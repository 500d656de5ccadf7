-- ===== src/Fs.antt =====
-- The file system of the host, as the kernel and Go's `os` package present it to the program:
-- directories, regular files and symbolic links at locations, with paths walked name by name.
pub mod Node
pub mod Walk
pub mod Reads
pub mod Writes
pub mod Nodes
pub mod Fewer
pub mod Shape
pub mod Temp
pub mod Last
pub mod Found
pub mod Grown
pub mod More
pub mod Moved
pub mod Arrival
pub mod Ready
● ● ● ● ●
_Instructions to follow:_
When you reach the line containing "pub mod Shape" in the listing, transcribe it and every line after it exactly, through the last line, and add nothing.

_Exercise solution:_
pub mod Shape
pub mod Temp
pub mod Last
pub mod Found
pub mod Grown
pub mod More
pub mod Moved
pub mod Arrival
pub mod Ready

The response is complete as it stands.